How does a hybrid event in a COVID-19 world look different to a hybrid event in a pre-COVID world?

What many event organisers realised once they decided to put on an online event, is that the audience out there is far bigger than anticipated. I think a whole new space has opened up for online meetings and events.

One of the things event organisers have realised is that there is a far bigger audience out there than they had imagined. Bob Bejan, Corporate Vice President Global Events at Microsoft shared that an event like Microsoft Build attracted 6200 people in 2019, whereas for the online edition in 2020 no less than 197,000 people signed up. Or take the ESC Congress which usually brings together around 30,000 cardiologists to the city of Amsterdam. This year over 116,000 cardiologists from 211 countries took part in the online event. So it seems that all along, there were almost 90,000 professionals who were not going to make it to the event, and now they finally could take part

There are quite a few more examples like that. Defqon Weekend Festival transformed itself into a free 72-hour online broadcast, with 8 million viewers from across the globe. Dutch author Rutger Bregman did a local theatre tour and ended with a live stream performance - he sold 18,000 tickets for that final lecture at Euro 7,50. And International Theatre Amsterdam has been selling tickets to live theatre. Their Roman Tragedies, a 6 hour play sold 6,000 tickets worldwide. The Dutch Mauritshuis museum offered a digital tour of the building, and had 42,000 Chinese visitors.

What are your main pieces of advice when approaching a plan for a hybrid event?

When planning a hybrid event, I think the first consideration should be: who is out there that would love to be part of this event, but cannot join us. How can we reach these people and make them part of the community. What is it that they want?

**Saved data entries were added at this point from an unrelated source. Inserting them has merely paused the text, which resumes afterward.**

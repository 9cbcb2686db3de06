-- ===== src/Prelude/Int.antt =====
-- The signed integers that the program passes for sizes: `negsuc n` is -(n + 1).
use planning_service.Prelude.{ℕ}

pub data ℤ : Type 0 where
  pos : ℕ → ℤ
  negsuc : ℕ → ℤ
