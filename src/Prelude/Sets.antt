-- ===== src/Prelude/Sets.antt =====
-- `std::set` of keys: a list without repetitions, whose order is immaterial.
use mathlib.Core.Path.{◌≡◌}
use mathlib.Core.Bool.{Bool, false, ◌||◌}
use mathlib.Core.List.{List, [], ◌∷◌}
use native.Mathlib.Omega.{arith}
use planning_service.Prelude.Tests.{if◌then◌else◌}
use planning_service.Prelude.Keys.{Key, same_key, same_key_iff}

module _ {ℓ} {K : Type ℓ} ⦃key : Key K⦄ where
  -- `set.count(k)`
  unfoldable pub contains : K → List K → Bool
  contains k [] = false
  contains k (j ∷ s) = same_key j k || contains k s

  -- `set.insert(k)`: nothing happens where the key is present.
  unfoldable pub insert : K → List K → List K
  insert k s = if contains k s then s else k ∷ s

  -- `set.erase(k)`
  unfoldable pub erase : K → List K → List K
  erase k [] = []
  erase k (j ∷ s) = let rest = erase k s in if same_key j k then rest else j ∷ rest

  pub contains-insert :
      (k j : K) (s : List K) → contains j (insert k s) ≡ (same_key k j || contains j s)
  unfolding insert contains
  contains-insert k j s = ground (arith, same_key_iff k j)

  pub contains-erase :
      (k j : K) (s : List K)
      → contains j (erase k s) ≡ (if same_key k j then false else contains j s)
  unfolding erase contains
  contains-erase k j [] = ground arith
  contains-erase k j (i ∷ s) =
      ground (arith, contains-erase k j s, same_key_iff i k, same_key_iff i j, same_key_iff k j)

The next step is actually building out this community that is out there. The physical event may only happen once a year but what happens the rest of the year? I think we will see a lot more ‘’clubs’’ online, spaces where people meet and exchange ideas.

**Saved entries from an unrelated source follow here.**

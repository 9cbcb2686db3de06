-- ===== src/Service/RequestQueue.antt =====
-- planning_service/service/utils/request_queue.h. Each method holds the queue's mutex for its
-- whole body, so it is one step from a queue to the next. A `std::deque` is a list, oldest first.
pub mod Fifo
pub mod Consistency
use planning_service.Prelude.{
  ℕ, String, Bool, true, false, List, [], ◌∷◌, ◌++◌, length, leb, ◌==◌, if◌then◌else◌, text_key,
}
use planning_service.Prelude.Int.{ℤ, pos, negsuc}
use planning_service.Prelude.Sets.{contains, insert, erase}
use planning_service.Service.Error.{
  Outcome, returns, throws, queue_empty_error, queue_at_capacity_error, runtime_error,
}

-- `RequestAdapter` with what a class derived from it adds.
pub record Request {ℓ} (P : Type ℓ) : Type ℓ where
  pub id : String
  pub payload : P

pub record RequestQueue {ℓ} (P : Type ℓ) : Type ℓ where
  pub capacity : ℕ
  pub queued_requests : List (Request P)
  pub queued_ids : List String

module _ {ℓ} {P : Type ℓ} where
  -- The constructor, with its test of the `int` that it is given.
  unfoldable pub make : ℤ → Outcome (RequestQueue P)
  make (negsuc n) = throws (runtime_error "Queue must have positive nonzero maximum size!")
  make (pos n) =
      if n == 0
      then throws (runtime_error "Queue must have positive nonzero maximum size!")
      else returns (record { capacity = n; queued_requests = []; queued_ids = [] })

  unfoldable pub has_request : RequestQueue P → String → Bool
  has_request q id = contains id q.queued_ids

  unfoldable pub clear : RequestQueue P → RequestQueue P
  clear q = record q { queued_requests = []; queued_ids = [] }

  -- A request whose id is queued already is only logged: it is added all the same.
  unfoldable pub enqueue : RequestQueue P → Request P → Outcome (RequestQueue P)
  enqueue q request =
      if leb q.capacity (length q.queued_requests)
      then throws queue_at_capacity_error
      else returns (record q {
        queued_requests = q.queued_requests ++ request ∷ [];
        queued_ids = insert request.id q.queued_ids;
      })

  unfoldable pub peek_next_request : RequestQueue P → Outcome (Request P)
  peek_next_request q = elim q.queued_requests [
    | [] ↦ throws queue_empty_error
    | request ∷ rest ↦ returns request
  ]

  unfoldable pub pop_next_request : RequestQueue P → Outcome (Request P × RequestQueue P)
  pop_next_request q = elim q.queued_requests [
    | [] ↦ throws queue_empty_error
    | request ∷ rest ↦
        returns
          (request, record q { queued_requests = rest; queued_ids = erase request.id q.queued_ids })
  ]

  unfoldable pub is_empty : RequestQueue P → Bool
  is_empty q = elim q.queued_requests [ [] ↦ true | _ ∷ _ ↦ false ]

  unfoldable pub size : RequestQueue P → ℕ
  size q = length q.queued_requests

How do you figure out which components should be virtual and which components should be in-person?

One thought you have to forget about is the idea that you can replicate the live event experience online. You cannot do this. I think the first thing is to understand that online is a completely different experience for the different people involved.

For a delegate it is a trip away from the office, a chance to escape

For a sponsor it is a way to connect to potential clients

For an organizer it can be a number of things – a way to make money.

It makes sense to bring a community together online, but you have to really experiment to find out what works. Nobody thinks: hey, there is a sponsor section on the event website, let’s click on all the online stands. Nobody thinks: great, three days of non stop video watching, let’s go. And if you want to be more than a TV channel in a specific niche (nothing wrong with that) you want to do something that truly engages people. The best events are really focused on the interests of a community and involve them in surprising ways. I see a lot of online events that are nothing more than a series of videos plus a chat channel. Where is the surprise?

Are hybrid events more or less cost effective?

That really depends on the business model. In my experience, hybrid events are usually more expensive than the organisers anticipated.

What do you think audiences want in the coming months and years? Do you think there Is there a strong audience for hybrid events?

Yes, I think there is a strong audience for online events – and also for hybrid events. There is a new space opening up somewhere between the world of private online video meetings on the one hand and the world of professional online events that look like television-with-a-chat-channel on the other. I think ‘’digital first’’ events will be the driving force here.